- **Your objective**: Given the listing below, write out exactly the lines starting with the line that has "ltb_ℤ a b = ltb" and going on through the line that has "-ℤ_parts a b = ground arith", both kept.

- **Data to use**:
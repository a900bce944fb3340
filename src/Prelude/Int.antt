-- ===== src/Prelude/Int.antt =====
-- Signed integers over the native numbers, under the library's names. Sums and orders go through
-- the two parts of an integer, which are numbers that `omega` reads.
use Prim.Native.Nat.{ℕ, zero, suc, ◌<◌, ◌+◌, ◌-◌, ◌*◌, ◌/◌, ◌^◌, ◌≤◌}
use mathlib.Core.Path.{◌≡◌, refl}
use mathlib.Core.Logic.{◌⊎◌, inl, inr}
use mathlib.Core.Bool.{Bool, ◌&&◌}
use native.Mathlib.Nat.{le-div_iff_mul-le, div-le_of_le-mul, div-le_self}
use native.Mathlib.Omega.{arith}
use esp_clock_sync.Prelude.Tests.{ltb, leb, if◌then◌else◌}

-- `negsuc n` is -(n + 1).
pub data ℤ : Type 0 where
  pos : ℕ → ℤ
  negsuc : ℕ → ℤ

abbrev pub pos_part : ℤ → ℕ
pos_part (pos n) = n
pos_part (negsuc n) = 0

abbrev pub neg_part : ℤ → ℕ
neg_part (pos n) = 0
neg_part (negsuc n) = suc n

-- a - b, as an integer.
abbrev pub sub_ℕ : ℕ → ℕ → ℤ
sub_ℕ a b = if leb b a then pos (a - b) else negsuc (b - a - 1)

infixl 65 ◌+ℤ◌ ◌-ℤ◌
infixl 70 ◌*ℤ◌
infix 50 ◌≤ℤ◌
unfoldable pub ◌+ℤ◌ : ℤ → ℤ → ℤ
a +ℤ b = sub_ℕ (pos_part a + pos_part b) (neg_part a + neg_part b)

unfoldable pub ◌-ℤ◌ : ℤ → ℤ → ℤ
a -ℤ b = sub_ℕ (pos_part a + neg_part b) (neg_part a + pos_part b)

unfoldable pub ◌*ℤ◌ : ℤ → ℤ → ℤ
a *ℤ b =
    sub_ℕ (pos_part a * pos_part b + neg_part a * neg_part b)
      (pos_part a * neg_part b + neg_part a * pos_part b)

-- Division that rounds to zero, as Rust's `/`. One part of each integer is zero, and so is `n / 0`.
unfoldable pub quot : ℤ → ℤ → ℤ
quot a b =
    sub_ℕ (pos_part a / pos_part b + neg_part a / neg_part b)
      (pos_part a / neg_part b + neg_part a / pos_part b)

-- An arithmetic shift to the right, which rounds down.
unfoldable pub shr : ℕ → ℤ → ℤ
shr k (pos n) = pos (n / 2 ^ k)
shr k (negsuc n) = negsuc (n / 2 ^ k)

abbrev pub abs : ℤ → ℕ
abs a = pos_part a + neg_part a

abbrev pub ◌≤ℤ◌ : ℤ → ℤ → Type 0
a ≤ℤ b = pos_part a + neg_part b ≤ pos_part b + neg_part a

abbrev pub ltb_ℤ : ℤ → ℤ → Bool
ltb_ℤ a b = ltb (pos_part a + neg_part b) (pos_part b + neg_part a)

abbrev pub leb_ℤ : ℤ → ℤ → Bool
leb_ℤ a b = leb (pos_part a + neg_part b) (pos_part b + neg_part a)

abbrev pub eqb_ℤ : ℤ → ℤ → Bool
eqb_ℤ a b = leb_ℤ a b && leb_ℤ b a

unfoldable pub clamp : ℤ → ℤ → ℤ → ℤ
clamp lo hi a = if ltb_ℤ a lo then lo else if ltb_ℤ hi a then hi else a

-- One lemma for each operation lets `omega` work with the operations shut, at any depth.
pub +ℤ_parts :
    (a b : ℤ)
    → (pos_part (a +ℤ b) + neg_part a + neg_part b ≡ neg_part (a +ℤ b) + pos_part a + pos_part b)
      × (pos_part (a +ℤ b) ≤ pos_part a + pos_part b)
      × (neg_part (a +ℤ b) ≤ neg_part a + neg_part b)
unfolding ◌+ℤ◌
+ℤ_parts a b = ground arith

pub -ℤ_parts :
    (a b : ℤ)
    → (pos_part (a -ℤ b) + neg_part a + pos_part b ≡ neg_part (a -ℤ b) + pos_part a + neg_part b)
      × (pos_part (a -ℤ b) ≤ pos_part a + neg_part b)
      × (neg_part (a -ℤ b) ≤ neg_part a + pos_part b)
unfolding ◌-ℤ◌
-ℤ_parts a b = ground arith

pub parts_exclusive : (a : ℤ) → (pos_part a ≡ 0) ⊎ (neg_part a ≡ 0)
parts_exclusive (pos n) = inr refl
parts_exclusive (negsuc n) = inl refl

pub eq_of_parts : (a b : ℤ) → pos_part a + neg_part b ≡ pos_part b + neg_part a → a ≡ b
eq_of_parts a b h = ground arith

pub ruleset int_laws = (arith, +ℤ_parts, -ℤ_parts, eq_of_parts)

-- A product with a number.
pub *ℤ_pos_parts :
    (a : ℤ) (n : ℕ)
    → (pos_part (a *ℤ pos n) ≡ pos_part a * n) × (neg_part (a *ℤ pos n) ≡ neg_part a * n)
unfolding ◌*ℤ◌
*ℤ_pos_parts a n = ground arith

pub quot_pos_parts :
    (a : ℤ) (n : ℕ)
    → (pos_part (quot a (pos n)) ≡ pos_part a / n) × (neg_part (quot a (pos n)) ≡ neg_part a / n)
unfolding quot
quot_pos_parts a n = ground arith

pub shr_parts :
    (k : ℕ) (a : ℤ) → (pos_part (shr k a) ≤ pos_part a) × (neg_part (shr k a) ≤ neg_part a)
unfolding shr
shr_parts k (pos n) = ground arith
shr_parts k (negsuc n) = ground arith

pub clamp_bounds : (lo hi a : ℤ) → lo ≤ℤ hi → (lo ≤ℤ clamp lo hi a) × (clamp lo hi a ≤ℤ hi)
unfolding clamp
clamp_bounds lo hi a h = ground arith

pub clamp_inside : (lo hi a : ℤ) → lo ≤ℤ a → a ≤ℤ hi → clamp lo hi a ≡ a
unfolding clamp
clamp_inside lo hi a p q = ground arith

pub pos-*ℤ-pos : (m n : ℕ) → pos m *ℤ pos n ≡ pos (m * n)
unfolding ◌*ℤ◌
pos-*ℤ-pos m n = ground arith

pub pos_zero_add : (a : ℤ) → pos 0 +ℤ a ≡ a
pos_zero_add a = omega int_laws

pub +ℤ_assoc : (a b c : ℤ) → a +ℤ b +ℤ c ≡ a +ℤ (b +ℤ c)
+ℤ_assoc a b c = omega int_laws

pub +ℤ_comm : (a b : ℤ) → a +ℤ b ≡ b +ℤ a
+ℤ_comm a b = omega int_laws

le_div : (p t k : ℕ) → 0 < k → p * k ≤ t → p ≤ t / k
le_div p t k hk h = (le-div_iff_mul-le hk).1 h

div_le : (p t k : ℕ) → t ≤ k * p → t / k ≤ p
div_le p t k h = div-le_of_le-mul k h

-- A quotient by a positive number lies between the bounds of the mean.
pub quot_ge :
    (lo t : ℤ) (k : ℕ)
    → 0 < k
    → pos_part lo * k + neg_part t ≤ pos_part t + neg_part lo * k
    → lo ≤ℤ quot t (pos k)
unfolding quot
quot_ge (pos p) (pos t) k hk h = ground (arith, le_div p t k hk (omega arith))
quot_ge (pos zero) (negsuc t) k hk h = absurd (omega arith)
quot_ge (pos (suc p)) (negsuc t) k hk h = absurd (omega arith)
quot_ge (negsuc m) (pos t) k hk h = ground arith
quot_ge (negsuc m) (negsuc t) k hk h = ground (arith, div_le (suc m) (suc t) k (omega arith))

pub quot_le :
    (hi t : ℤ) (k : ℕ)
    → 0 < k
    → pos_part t + neg_part hi * k ≤ pos_part hi * k + neg_part t
    → quot t (pos k) ≤ℤ hi
unfolding quot
quot_le (pos p) (pos t) k hk h = ground (arith, div_le p t k (omega arith))
quot_le (pos p) (negsuc t) k hk h = ground arith
quot_le (negsuc m) (pos t) k hk h = absurd (omega arith)
quot_le (negsuc m) (negsuc t) k hk h = ground (arith, le_div (suc m) (suc t) k hk (omega arith))

pub quot_pos_le :
    (a : ℤ) (n : ℕ)
    → (pos_part (quot a (pos n)) ≤ pos_part a) × (neg_part (quot a (pos n)) ≤ neg_part a)
quot_pos_le a n =
    let parts = quot_pos_parts a n in
    omega (arith, div-le_self (pos_part a) n, div-le_self (neg_part a) n)

pub quot-pos : (m n : ℕ) → quot (pos m) (pos n) ≡ pos (m / n)
unfolding quot
quot-pos m n = ground arith

pub -ℤ_self : (a : ℤ) → a -ℤ a ≡ pos 0
-ℤ_self a = omega int_laws

pub pos-+ℤ-pos : (m n : ℕ) → pos m +ℤ pos n ≡ pos (m + n)
pos-+ℤ-pos m n = omega int_laws

pub pos--ℤ-pos : (m n : ℕ) → n ≤ m → pos m -ℤ pos n ≡ pos (m - n)
pos--ℤ-pos m n h = omega int_laws

pub pos_of_nonneg : (a : ℤ) → pos 0 ≤ℤ a → (n : ℕ) × (a ≡ pos n)
pos_of_nonneg (pos n) h = (n, refl)
pos_of_nonneg (negsuc n) h = absurd (omega arith)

- **Exercise output**:
ltb_ℤ a b = ltb (pos_part a + neg_part b) (pos_part b + neg_part a)

abbrev pub leb_ℤ : ℤ → ℤ → Bool
leb_ℤ a b = leb (pos_part a + neg_part b) (pos_part b + neg_part a)

abbrev pub eqb_ℤ : ℤ → ℤ → Bool
eqb_ℤ a b = leb_ℤ a b && leb_ℤ b a

unfoldable pub clamp : ℤ → ℤ → ℤ → ℤ
clamp lo hi a = if ltb_ℤ a lo then lo else if ltb_ℤ hi a then hi else a

-- One lemma for each operation lets `omega` work with the operations shut, at any depth.
pub +ℤ_parts :
    (a b : ℤ)
    → (pos_part (a +ℤ b) + neg_part a + neg_part b ≡ neg_part (a +ℤ b) + pos_part a + pos_part b)
      × (pos_part (a +ℤ b) ≤ pos_part a + pos_part b)
      × (neg_part (a +ℤ b) ≤ neg_part a + neg_part b)
unfolding ◌+ℤ◌
+ℤ_parts a b = ground arith

pub -ℤ_parts :
    (a b : ℤ)
    → (pos_part (a -ℤ b) + neg_part a + pos_part b ≡ neg_part (a -ℤ b) + pos_part a + neg_part b)
      × (pos_part (a -ℤ b) ≤ pos_part a + neg_part b)
      × (neg_part (a -ℤ b) ≤ neg_part a + pos_part b)
unfolding ◌-ℤ◌
-ℤ_parts a b = ground arith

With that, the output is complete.